# Flour shelf life?



## tlbrooks (Mar 17, 2011)

I've recently started making my own pasta an I've been trying to locate semolina flour and all I've been able to find were 2 pound packages for about $4.00 each. Well today I found the holy grail of semolina flour!! A 50 pound bag from a local resturant supply company for $21.00, kind of a no brainer! I will split this with my daughter but I'll still end up with 25 pounds. My question is what is the shelf life for flour in a dry pantry and what, if anything, can I do to extend shelf life? I really don't have room to freeze but I have a vacume sealer if that would help? What about canning? My cousin has a portable canner.

Thanks for all your help!


----------



## CraigC (Mar 17, 2011)

tlbrooks said:


> I've recently started making my own pasta an I've been trying to locate semolina flour and all I've been able to find were 2 pound packages for about $4.00 each.

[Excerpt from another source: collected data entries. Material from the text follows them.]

-- ===== src/Words/Ends.antt =====
-- `getword` ends on every file, and each word takes bytes off it.
use ppp.Prelude.{
  ℕ, zero, suc, ◌+◌, ◌*◌, ◌%◌, bit_and, ◌-◌, ◌<◌, ◌≤◌, ◌≡◌, ◌≢◌, refl, Bool, true, false, not, ◌&&◌,
  ◌||◌, Option, none, some, List, [], ◌∷◌, length, length-append, take, length-take, ◌==◌, arith,
  Bool-cases, inl, inr, ◌⊎◌,
}
use ppp.Words.Defs.{
  maxwordlen, hash, is_space, is_octal, xdigit_value, skip, octal, hex, escaped_value, Scan, store,
  Round, stop, next, escaped_round, round, plain_round, scan, Got, at_end, got, finish, finished,
  getword,
}

octal-shrinks : (n value : ℕ) (cs : List ℕ) → length (octal n value cs).1 ≤ length cs
unfolding octal
octal-shrinks zero value cs = omega arith
octal-shrinks (suc n) value [] = omega arith
octal-shrinks (suc n) value (c ∷ cs) = ground (arith, octal-shrinks n (value * 8 + bit_and c 7) cs)

octal-takes :
    (n value c : ℕ) (cs : List ℕ)
    → is_octal c ≡ true
    → length (octal (suc n) value (c ∷ cs)).1 ≤ length cs
unfolding octal
octal-takes n value c cs h = ground (arith, octal-shrinks n (value * 8 + bit_and c 7) cs)

hex-shrinks : (n value : ℕ) (cs : List ℕ) → length (hex n value cs).1 ≤ length cs
unfolding hex
hex-shrinks zero value cs = omega arith
hex-shrinks (suc n) value [] = omega arith
hex-shrinks (suc n) value (c ∷ cs) = ground (arith, hex-shrinks n (value * 16 + xdigit_value c) cs)

escaped_value-shrinks : (c : ℕ) (cs : List ℕ) → length (escaped_value c cs).1 ≤ length cs
unfolding escaped_value
escaped_value-shrinks c cs = ground (arith, octal-takes 2 0 c cs, hex-shrinks 2 0 cs)

skip-shrinks : (e k n : Bool) (cs : List ℕ) → length (skip e k n cs).rest ≤ length cs
unfolding skip
skip-shrinks e k n [] = omega arith
skip-shrinks e k n (c ∷ cs) = ground (
  arith,
  skip-shrinks false (k && e) (n || not e) cs,
  skip-shrinks e true n cs,
  skip-shrinks true k n cs,
  skip-shrinks e k n cs,
)

-- A round that goes on has taken its character, and keeps the word within its bounds.
round-shrinks :
    (s s' : Scan) (c : ℕ) (cs rest : List ℕ)
    → round s c cs ≡ next s' rest
    → length s.word ≤ maxwordlen
    → (length rest ≤ length cs) × (length s'.word ≤ maxwordlen)
unfolding round escaped_round plain_round store
round-shrinks s s' c cs rest e h = ground (
  arith,
  escaped_value-shrinks c cs,
  length-append s.word (((escaped_value c cs).0 % 256) ∷ []),
  length-append s.word ((c % 256) ∷ []),
)

take_bound : (n : ℕ) (w : List ℕ) → length (take n w) < suc n
take_bound n w = omega (arith, length-take n w)

-- A result of the second loop: it ended, took nothing but bytes off `n` of them, and the word has
-- its bound.
Fits : ℕ → Option (Scan × List ℕ) → Type 0
Fits n none = ⊥
Fits n (some r) = (length r.1 ≤ n) × (length r.0.word ≤ maxwordlen)

Round-cases : (r : Round) → (r ≡ stop) ⊎ ((s : Scan) × (cs : List ℕ) × (r ≡ next s cs))
Round-cases stop = inl refl
Round-cases (next s cs) = inr (s, cs, refl)

Fits-mono : {n m : ℕ} (r : Option (Scan × List ℕ)) → n ≤ m → Fits n r → Fits (suc m) r
unfolding Fits
Fits-mono none h f = f
Fits-mono (some r) h f = (ground (arith, f.0), f.1)

-- The second loop follows its rounds.
pub scan-next :
    (fuel : ℕ) (s s' : Scan) (c : ℕ) (cs rest : List ℕ)
    → round s c cs ≡ next s' rest
    → scan (suc fuel) s (c ∷ cs) ≡ scan fuel s' rest
unfolding scan
scan-next fuel s s' c cs rest e = rw (e, scan) refl

-- With as much fuel as there are bytes the second loop ends.
scan-Fits :
    (fuel : ℕ) (s : Scan) (cs : List ℕ)
    → length cs ≤ fuel
    → length s.word ≤ maxwordlen
    → Fits (length cs) (scan fuel s cs)
unfolding scan Fits
scan-Fits fuel s [] h k = (omega arith, k)
scan-Fits zero s (c ∷ cs) h k = elim h [ ]
scan-Fits (suc fuel) s (c ∷ cs) h k = elim (Round-cases (round s c cs)) [
  | inl e ↦ rw (e, scan) (omega arith, k)
  | inr (s', rest, e) ↦
      let b : (length rest ≤ length cs) × (length s'.word ≤ maxwordlen) =
        round-shrinks s s' c cs rest e k in
      let room : length rest ≤ fuel = omega (arith, b.0) in
      rw (e, scan) (Fits-mono (scan fuel s' rest) b.0 (scan-Fits fuel s' rest room b.1))
]

-- A result of `getword` on a file of `n` bytes: there is one; a word has less than `MAXWORDLEN`
-- bytes, and what is left of the file is shorter than the file was.
unfoldable pub Taken : ℕ → Option Got → Type 0
Taken n none = ⊥
Taken n (some (at_end newlinep)) = Unit
Taken n (some (got w newlinep rest)) = (length w < maxwordlen) × (length rest < n)

-- The first character that skipping leaves is escaped, or neither white space nor a comment.
unfoldable starts : Bool → List ℕ → Bool
starts escape [] = true
starts escape (c ∷ cs) = escape || not (is_space c || (c == hash))

skip-starts :
    (e k n : Bool) (cs : List ℕ) → starts (skip e k n cs).escape (skip e k n cs).rest ≡ true
unfolding skip starts
skip-starts e k n [] = refl
skip-starts e k n (c ∷ cs) = ground (
  arith,
  skip-starts false (k && e) (n || not e) cs,
  skip-starts e true n cs,
  skip-starts true k n cs,
  skip-starts e k n cs,
)

-- So the first round of the second loop goes on.
first_round :
    (e : Bool) (c : ℕ) (cs : List ℕ)
    → starts e (c ∷ cs) ≡ true
    → round (record { escape = e; quoted = 0; word = [] }) c cs ≢ stop
unfolding round escaped_round plain_round starts
first_round e c cs h = ground arith

word_bound : (w : List ℕ) → length (take (maxwordlen - 1) w) < maxwordlen
word_bound w = take_bound (maxwordlen - 1) w

finish-Taken :
    (newlinep : Bool) (n m : ℕ) (r : Option (Scan × List ℕ))
    → m < n
    → Fits m r
    → Taken n (finished newlinep r)
unfolding Taken Fits finish
finish-Taken newlinep n m none h f = f
finish-Taken newlinep n m (some (s, [])) h f = elim (Bool-cases (length s.word == 0)) [
  | inl e ↦ rw e tt
  | inr e ↦ rw e (word_bound s.word, ground (arith, f.0))
]
finish-Taken newlinep n m (some (s, c ∷ cs)) h f = (word_bound s.word, ground (arith, f.0))

scan-from :
    (e : Bool) (n fuel c : ℕ) (cs : List ℕ)
    → starts e (c ∷ cs) ≡ true
    → length cs < n
    → length cs ≤ fuel
    → (m : ℕ) × ((m < n)
        × Fits m (scan (suc fuel) (record { escape = e; quoted = 0; word = [] }) (c ∷ cs)))
scan-from e n fuel c cs st h room =
    let s : Scan = record { escape = e; quoted = 0; word = [] } in
    elim (Round-cases (round s c cs)) [
      | inl stopped ↦ elim (first_round e c cs st stopped) [ ]
      | inr (s', rest, e') ↦
          let b : (length rest ≤ length cs) × (length s'.word ≤ maxwordlen) =
            round-shrinks s s' c cs rest e' (omega arith) in
          let more : length rest ≤ fuel = omega (arith, b.0) in
          (
            length rest,
            (
              omega (arith, b.0),
              rw (scan-next fuel s s' c cs rest e') (scan-Fits fuel s' rest more b.1),
            ),
          )
    ]

getword-from :
    (e newlinep : Bool) (rest : List ℕ) (n : ℕ)
    → starts e rest ≡ true
    → length rest ≤ n
    → Taken n (finished newlinep (scan n (record { escape = e; quoted = 0; word = [] }) rest))
unfolding scan Taken finish
getword-from e newlinep [] n st h = tt
getword-from e newlinep (c ∷ cs) zero st h = elim h [ ]
getword-from e newlinep (c ∷ cs) (suc n) st h =
    let r = scan-from e (suc n) n c cs st (omega arith) (omega arith) in
    finish-Taken newlinep (suc n) r.0
      (scan (suc n) (record { escape = e; quoted = 0; word = [] }) (c ∷ cs)) r.1.0 r.1.1

-- `getword` ends on every file: it finds no word, or a word of less than `MAXWORDLEN` bytes, and
-- then what is left of the file is shorter than the file was.
pub getword-Taken : (f : List ℕ) → Taken (length f) (getword f)
unfolding getword scan
getword-Taken f =
    let k = skip false false false f in
    let h : length k.rest ≤ length f = skip-shrinks false false false f in
    getword-from k.escape k.newlinep k.rest (length f) (skip-starts false false false f) h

Well today I found the holy grail of semolina flour!! A 50 pound bag from a local resturant supply company for $21.00, kind of a no brainer! I will split this with my daughter but I'll still end up with 25 pounds. My question is what is the shelf life for flour in a dry pantry and what, if anything, can I do to extend shelf life? I really don't have room to freeze but I have a vacume sealer if that would help? What about canning? My cousin has a portable canner.
> 
> Thanks for all your help!


 
The deep freezer is your friend! We keep our semolina, wheat and rye flour in ours. I don't think it will go bad there. You can probably count the half-lives in decades.

Craig


----------



## Andy M. (Mar 17, 2011)

Vacuum seal the flour in 5-10 pound quantities.  Freeze those bags for 3-4 days then store them in a dry location.  Freezing will kill any bug larva that may be present.


----------



## Irishfan (Mar 17, 2011)

I would say 6 months in your pantry, as long as you keep it sealed and dry. I agree the best thing to do is find some room in your freezer. Good luck.


----------



## Josie1945 (Mar 17, 2011)

Irishfan said:


> I would say 6 months in your pantry, as long as you keep it sealed and dry. I agree the best thing to do is find some room in your freezer. Good luck.


 


Welcome to DC.

Josie


----------



## justplainbill (Mar 18, 2011)

You can vacuum pack about 7 cups (2+ lbs) of flour in a 1/2 gallon mason jar.  About 2" of headspace is required to prevent some of the flour from exiting jar during the vacuuming process.  If flour being vacuum packed is fresh, shelf life should exceed 2 years.  One gallon mayonnaise jars can hold a little over 5 pounds of semolina and, if fresh and stored in a dark cool location, (like the Pacific Northwest?) should have a shelf life of over one year.
I estimate we annually consume about 15 pounds of macaroni products per person.


----------



## Zereh (Mar 18, 2011)

justplainbill said:


> (like the Pacific Northwest?)



LOL How well you know us ...


----------



## justplainbill (Mar 18, 2011)

Nice seafood in Port Angeles.


----------



## Oldvine (Mar 18, 2011)

I freeze all my flour products.  Flour seems to last a very long time in the freezer.  One bag of anything with on bug in it is enough to ruin everything in the pantry so everything spends time in the freezer.


----------



## NoraC (Mar 18, 2011)

I understand not having room to freeze - BUT!!!! When you start adding up your savings from bulk buying, a small chest freezer pays for itself pretty fast.  Freezing really is the best way to keep things that may attract pantry moths, like rice, for which you will see similar savings and various specialty flours.  As long as you keep the freezer full (add milk jugs full of water if need be, the operation cost is about $5/month here.


----------



## mrs.mom (Mar 19, 2011)

*Freezing is your answer. But if you don't have space now you can keep it well sealed and dry in a cabinet for maybe 2 months. But when you have any space in the freezer, store some immediately.*


----------



## Bolas De Fraile (Mar 19, 2011)

NoraC said:


> I understand not having room to freeze - BUT!!!! When you start adding up your savings from bulk buying, a small chest freezer pays for itself pretty fast. Freezing really is the best way to keep things that may attract pantry moths, like rice, for which you will see similar savings and various specialty flours. As long as you keep the freezer full (add milk jugs full of water if need be, the operation cost is about $5/month here.


Blimey Nor my dyslexia is bad first time it read panty maths.


----------



## Sprout (Mar 22, 2011)

Bolas De Fraile said:


> Blimey Nor my dyslexia is bad first time it read panty maths.





Better panty maths then panty moths, I suppose...


----------